Using the skills you learned in this tutorial, complete the following exercise:

#### Part A: Varying the Number of Clusters

1. **Parameter Exploration**: Run K-means clustering with k=4, k=8, and k=10 using Morgan fingerprints. Compare the silhouette scores and choose the best k for this dataset.

2. **UMAP Visualization**: Visualize each clustering result on a UMAP plot. Color points by cluster assignment.

3. **Property Analysis**: For your best clustering (highest silhouette score):
   - Calculate the mean HOMO-LUMO gap for each cluster
   - Identify which cluster has the smallest average gap (potentially most interesting for organic electronics)
   - Report the percentage of aromatic molecules in each cluster

4. **Chemical Interpretation**: Write 2-3 sentences explaining what chemical features distinguish the cluster with the smallest gap from others.

#### Part B: Comparing Molecular Representations (Advanced)

The tutorial used **Morgan fingerprints**, which encode 2D molecular topology (atoms and bonds).

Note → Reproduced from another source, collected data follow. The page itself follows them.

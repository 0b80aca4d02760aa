-- ===== src/Garlic.antt =====
-- `Garlic` of garlic.go: its fields, what it has open at the SAM library, and the errors of its calls. A
-- session of the library is a number; a call asks the library for each kind of thing at most once, and
-- `answer` says what it is told: `none` is success, else the text of the error.
pub mod Ports
pub mod Chains
pub mod Sessions
pub mod Calls
pub mod Closing
pub mod Histories
pub mod Naming
pub mod Listening
pub mod Managed
mod Tests
use onramp.Prelude.{
  ℕ, suc, ◌==◌, ◌&&◌, Bool, true, false, ◌≡◌, ◌↔◌, ◌⊎◌, inl, inr, Option, none, some, String, List,
  [], ◌∷◌, ◌++◌, Eq, ==_iff, if◌then◌else◌, arith,
}
use onramp.Prelude.Map.{Map}
use onramp.Garlic.Ports.{Bytes, AddrError}

-- `streamPortTuple`: from and to.
abbrev pub StreamPortTuple : Type 0
StreamPortTuple = ℕ × ℕ

abbrev pub tuple_beq : StreamPortTuple → StreamPortTuple → Bool
tuple_beq (a, b) (c, d) = a == c && b == d

pub tuple_beq_iff : (s t : StreamPortTuple) → (tuple_beq s t ≡ true) ↔ (s ≡ t)
tuple_beq_iff (a, b) (c, d) = ground arith

instance abbrev pub tuple_eq : Eq StreamPortTuple
tuple_eq = record { beq = tuple_beq; beq_iff = tuple_beq_iff }

-- What is open at the library: a connection, a PRIMARY session, and the sessions under a PRIMARY
-- session, whose number comes second.
pub data Handle : Type 0 where
  connection : ℕ → Handle
  primary_session : ℕ → Handle
  stream_session : ℕ → ℕ → Handle
  hybrid2_session : ℕ → ℕ → Handle
  hybrid1_session : ℕ → ℕ → Handle

-- What is asked of the library: a connection; a PRIMARY session on a connection; a stream session on a
-- PRIMARY session, with its ports; a hybrid session on a PRIMARY session; a listener on a stream
-- session; and a connection to an address over a stream session.
pub data Request : Type 0 where
  connect : Request
  new_primary : ℕ → Request
  new_stream : ℕ → StreamPortTuple → Request
  new_hybrid2 new_hybrid1 : ℕ → Request
  listen : ℕ → Request
  dial : ℕ → Bytes → Request

-- The fields, less those that the constructor sets once, with what is open, the next number, and what
-- has been asked of the library, the latest first.
pub record Garlic : Type 0 where
  pub service_keys : Option String
  pub sam : Option ℕ
  pub primary : Option ℕ
  pub stream_sub : Option ℕ
  pub stream_subs_by_port : Map StreamPortTuple ℕ
  -- 0 until it is chosen
  pub persistent_from_port : ℕ
  pub hybrid2_sub : Option ℕ
  pub hybrid1_sub : Option ℕ
  -- whether there is an embedded bridge that runs
  pub bridge_running : Bool
  pub open_handles : List Handle
  pub next : ℕ
  pub requests : List Request

-- `panics` is a panic and no error.
pub data Error : Type 0 where
  refused : String → Error
  bad_address : AddrError → Error
  bad_from_port too_many_from_ports : Error
  panics : Error

-- What the outside gives to one call: the answers of the library, `g.Keys()`, and the random number of
-- `randomEphemeralPort`.
pub record Outside : Type 0 where
  pub answer : Request → Option String
  pub keys : String ⊎ String
  pub random : String ⊎ ℕ

-- A call: its result, and the fields that it leaves.
abbrev pub M : Type 0 → Type 0
M A = Garlic → (Error ⊎ A) × Garlic

abbrev pub pure : {A : Type 0} → A → M A
pure a g = (inr a, g)

abbrev pub raise : {A : Type 0} → Error → M A
raise e g = (inl e, g)

infixl 5 ◌>>=◌ ◌>>◌
abbrev pub ◌>>=◌ : {A B : Type 0} → M A → (A → M B) → M B
◌>>=◌ m f g = let (r, g') = m g in elim r [ inl e ↦ (inl e, g') | inr a ↦ f a g' ]

abbrev pub ◌>>◌ : {A B : Type 0} → M A → M B → M B
m >> k = m >>= λ _. k

-- A request: its answer, and that it has been made.
unfoldable pub request : Outside → Request → M (Unit {0})
request out r g = elim (out.answer r) [
  | some e ↦ (inl (refused e), record g { requests = r ∷ g.requests })
  | none ↦ (inr tt, record g { requests = r ∷ g.requests })
]

-- The fields of `new(Garlic)`.
abbrev pub new_fields : Garlic
new_fields = record {
  service_keys = none;
  sam = none;
  primary = none;
  stream_sub = none;
  stream_subs_by_port = [];
  persistent_from_port = 0;
  hybrid2_sub = none;
  hybrid1_sub = none;
  bridge_running = false;
  open_handles = [];
  next = 0;
  requests = [];
}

However, for 3D-sensitive properties like HOMO-LUMO gap, representations that encode **3D geometry** may be more appropriate.

**Task**: Compare different molecular representations for PCA, UMAP visualization, and clustering:

| Representation | Type | What it Encodes | Library |
|----------------|------|-----------------|---------|
| **Morgan/ECFP** | 2D | Atom environments, connectivity | RDKit |
| **Behler-Parrinello Symmetry Functions** | 3D | Local atomic environments via radial/angular functions | DScribe, AMP |
| **SOAP (Smooth Overlap of Atomic Positions)** | 3D | Local atomic density with rotational invariance | DScribe, quippy |
| **Coulomb Matrix** | 3D | Nuclear charges and distances | DScribe |

**Steps**:
1. Install DScribe: `pip install dscribe`
2. Extract 3D coordinates from the QM9 XYZ files (already parsed in `molecules_raw`)
3. Generate Behler-Parrinello or SOAP descriptors for each molecule
4. Repeat the PCA, UMAP, and K-means analysis with the new representations
5. Compare: Do 3D representations produce different clusters? Do they correlate better with electronic properties?

**Example using DScribe for SOAP**:

In [None]:
from dscribe.descriptors import SOAP
from ase import Atoms

# Create SOAP descriptor
soap = SOAP(
    species=["C", "H", "O", "N", "F"],
    r_cut=5.0,
    n_max=8,
    l_max=6,
    average="inner"  # Average over atoms to get molecule-level descriptor
)

# Convert QM9 molecule to ASE Atoms object
def mol_to_ase(mol_data):
    return Atoms(
        symbols=mol_data['atoms'],
        positions=mol_data['coordinates']
    )

# Generate SOAP descriptors
soap_fingerprints = np.array([
    soap.create(mol_to_ase(mol)) for mol in molecules_raw
])

**Discussion Questions**:
- How do the UMAP embeddings differ between 2D (Morgan) and 3D (SOAP) representations?
- Which representation produces clusters that better separate molecules by HOMO-LUMO gap?
- For which properties might 2D fingerprints be sufficient, and for which are 3D representations essential?

**Deliverables:**
- Silhouette scores for k=4, 8, 10 with Morgan fingerprints
- UMAP plots colored by cluster
- (Advanced) Comparison of Morgan vs SOAP/Behler-Parrinello representations
- A brief written interpretation of your findings

**Hint:** You can use the `df_valid` DataFrame, `morgan_fingerprints` array, and `molecules_raw` list from the tutorial.